The Fall 2023 DRP at UIC Presentation Session was held on December 1, 2023. There were four presentations:
Computational Learning Theory and Probabilistic Models
Zach Alzubi, mentored by Abhijeet Mulgund
Abstract: We examine the framework of PAC learning and provide examples of problems that are PAC learnable as well problems that are not. We then investigate this framework applied to learning Bayesian Networks. We address the limitations of this framework, and provide a concrete example of learning a Bayesian network given real-world medical data.
Towards counting lines on a smooth cubic
Leila Dahlia, mentored by Sixuan Lou
Abstract: We will introduce modern machinery to count numbers of lines lying on a given surface.
Algebraic Topology and The Fundamental Theorem of Algebra
Mustafa Nawaz, mentored by Michael Gintz
Abstract: We will talk about the notion of homology and how it can be used to give an invariant of a circle. Then, using this we can prove the fundamental theorem of algebra.

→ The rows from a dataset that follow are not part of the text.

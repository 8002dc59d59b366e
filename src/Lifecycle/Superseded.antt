-- ===== src/Lifecycle/Superseded.antt =====
-- lifecycle.rs (crates/zbrain/src): what the plan of a supersession writes, and for which claims.
use mathlib.Core.Path.{subst}
use zbrain.Prelude.{
  String, ◌≡◌, refl, ap, Option, none, some, List, [], ◌∷◌, ◌++◌, Result, ok, err, >>=-eq-ok,
  >>-eq-ok, or_fail, ensure,
}
use zbrain.Prelude.Assoc.{get}
use zbrain.Claims.{Claim, ClaimError, ClaimTransition, claim_rel_path}
use zbrain.Claims.Scan.{Text, Answers, Files, in_wiki}
use zbrain.Claims.Store.{claim_file_path}
use zbrain.Claims.Drafted.{claim_file_path-ok}
use zbrain.Transition.{PendingTransition, PendingTransitionTarget, transition_sha256}
use zbrain.Lifecycle.{
  ClaimMutationOptions, Meets, superseded, superseded_all, supersession_targets,
  pending_supersession, planned_supersession,
}

-- A claim that was superseded by the claim of an id: its status, one more transition, and the rest kept.
pub record IsSuperseded (id : String) (old marked : Claim) : Type 0 where
  pub transition : ClaimTransition
  pub has_status : marked.status ≡ "superseded"
  pub keeps : record marked { status = old.status; transitions = old.transitions } ≡ old
  pub added : marked.transitions ≡ old.transitions ++ transition ∷ []
  pub has_kind : transition.kind ≡ "supersede"
  pub names : transition.related_claim_ids ≡ id ∷ []
  pub prior : transition.prior_verification_digest ≡ old.verified_digest

abbrev pub AreSuperseded : String → List Claim → List Claim → Type 0
AreSuperseded id [] [] = Unit
AreSuperseded id [] (claim ∷ marked) = ⊥
AreSuperseded id (old ∷ olds) [] = ⊥
AreSuperseded id (old ∷ olds) (claim ∷ marked) =
    IsSuperseded id old claim × AreSuperseded id olds marked

module _ (text : Text) where
  -- A target that holds a claim, under its path and with the hash of its text.
  pub record Renders (claim : Claim) (target : PendingTransitionTarget) : Type 0 where
    pub placed : target.path ≡ in_wiki (claim_rel_path claim)
    pub rendered : text.canon.render_claim_markdown claim ≡ ok target.target_bytes
    pub hashed : target.target_sha256 ≡ transition_sha256 text.journals.sha256 target.target_bytes

  abbrev pub AllRender : List Claim → List PendingTransitionTarget → Type 0
  AllRender [] [] = Unit
  AllRender [] (target ∷ targets) = ⊥
  AllRender (claim ∷ claims) [] = ⊥
  AllRender (claim ∷ claims) (target ∷ targets) = Renders claim target × AllRender claims targets

  -- What a plan journals: nothing where nothing is superseded, and else the new claim and the old ones.
  abbrev pub IsPlanned : Claim → List Claim → Option PendingTransition → Type 0
  IsPlanned claim [] none = Unit
  IsPlanned claim [] (some pending) = ⊥
  IsPlanned claim (old ∷ olds) none = ⊥
  IsPlanned claim (old ∷ olds) (some pending) =
      (marked : List Claim) × AreSuperseded claim.id (old ∷ olds) marked
      × AllRender (claim ∷ marked) pending.targets

module _ (text : Text) (workspace : String) where
  superseded-IsSuperseded :
      (claim : Claim) (options : ClaimMutationOptions) (at : String) (old : Claim)
      → IsSuperseded claim.id old (superseded text workspace claim options at old)
  unfolding superseded
  superseded-IsSuperseded claim options at old = record {
    transition = record {
      kind = "supersede";
      at = at;
      by = options.verified_by;
      reason = "";
      related_claim_ids = claim.id ∷ [];
      prior_verification_digest = old.verified_digest;
      authorization = options.authorization;
    };
    has_status = refl;
    keeps = refl;
    added = refl;
    has_kind = refl;
    names = refl;
    prior = refl;
  }

  superseded_all-AreSuperseded :
      (claim : Claim) (options : ClaimMutationOptions) (at : String) (olds : List Claim)
      → AreSuperseded claim.id olds (superseded_all text workspace claim options at olds)
  superseded_all-AreSuperseded claim options at [] = tt
  superseded_all-AreSuperseded claim options at (old ∷ olds) = (
    superseded-IsSuperseded claim options at old,
    superseded_all-AreSuperseded claim options at olds,
  )

  supersession_targets-AllRender :
      (answers : Answers) (files : Files) (claims : List Claim)
      (targets : List PendingTransitionTarget)
      → supersession_targets text workspace answers files claims ≡ ok targets
      → AllRender text claims targets
  unfolding supersession_targets
  supersession_targets-AllRender answers files [] targets h =
      let same : [] ≡ targets = cc h in subst (AllRender text []) same tt
  supersession_targets-AllRender answers files (claim ∷ claims) targets h =
      let (path, found, h1) = >>=-eq-ok (claim_file_path text answers claim) _ h in
      let (contents, made, h2) = >>=-eq-ok (text.canon.render_claim_markdown claim) _ h1 in
      let (preimage, stored, h3) =
        >>=-eq-ok (or_fail (get files path) ClaimError.preimage_unreadable) _ h2 in
      let (readable, h4) =
        >>-eq-ok (ensure (answers.is_readable path) ClaimError.preimage_unreadable) _ h3 in
      let (others, rest, h5) =
        >>=-eq-ok (supersession_targets text workspace answers files claims) _ h4 in
      let target : PendingTransitionTarget = record {
        path = path;
        preimage_sha256 = transition_sha256 text.journals.sha256 preimage;
        target_sha256 = transition_sha256 text.journals.sha256 contents;
        target_bytes = contents;
      } in
      let same : target ∷ others ≡ targets = cc h5 in
      subst (AllRender text (claim ∷ claims)) same (
        record {
          placed = claim_file_path-ok text answers claim path found;
          rendered = made;
          hashed = refl;
        },
        supersession_targets-AllRender answers files claims others rest,
      )

  pub planned_supersession-IsPlanned :
      (meets : Meets) (files : Files) (claim : Claim) (options : ClaimMutationOptions) (at : String)
      (olds : List Claim) (pending : Option PendingTransition)
      → planned_supersession text workspace meets files claim options at olds ≡ ok pending
      → IsPlanned text claim olds pending
  unfolding planned_supersession pending_supersession
  planned_supersession-IsPlanned meets files claim options at [] pending h =
      let same : none ≡ pending = cc h in subst (IsPlanned text claim []) same tt
  planned_supersession-IsPlanned meets files claim options at (old ∷ olds) pending h =
      let marked = superseded_all text workspace claim options at (old ∷ olds) in
      let (made, m, h1) =
        >>=-eq-ok (pending_supersession text workspace meets files claim marked) _ h in
      let (valid, m1) =
        >>-eq-ok (ensure meets.answers.is_workspace ClaimError.boundary_refused) _ m in
      let (random, drawn, m2) =
        >>=-eq-ok (or_fail meets.random ClaimError.random_unavailable) _ m1 in
      let (targets, t, m3) =
        >>=-eq-ok (supersession_targets text workspace meets.answers files (claim ∷ marked)) _ m2 in
      let all = supersession_targets-AllRender meets.answers files (claim ∷ marked) targets t in
      let same_targets : targets ≡ made.targets = ap targets_of m3 in
      let same : some made ≡ pending = cc h1 in
      subst (IsPlanned text claim (old ∷ olds)) same (
        marked,
        superseded_all-AreSuperseded claim options at (old ∷ olds),
        subst (AllRender text (claim ∷ marked)) same_targets all,
      )
    where
      targets_of : Result ClaimError PendingTransition → List PendingTransitionTarget
      targets_of (ok p) = p.targets
      targets_of (err e) = []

Markov Chains: Introduction and Applications
Zahra Vasi, mentored by Clay Mizgerd
Abstract: Markov chains serve as useful mathematical models for studying movements among elements in a set. These chains have unique properties that allow mathematicians to understand and predict their long-term behavior. This presentation discusses some essential definitions and properties associated with Markov chains and several examples of useful and interesting applications.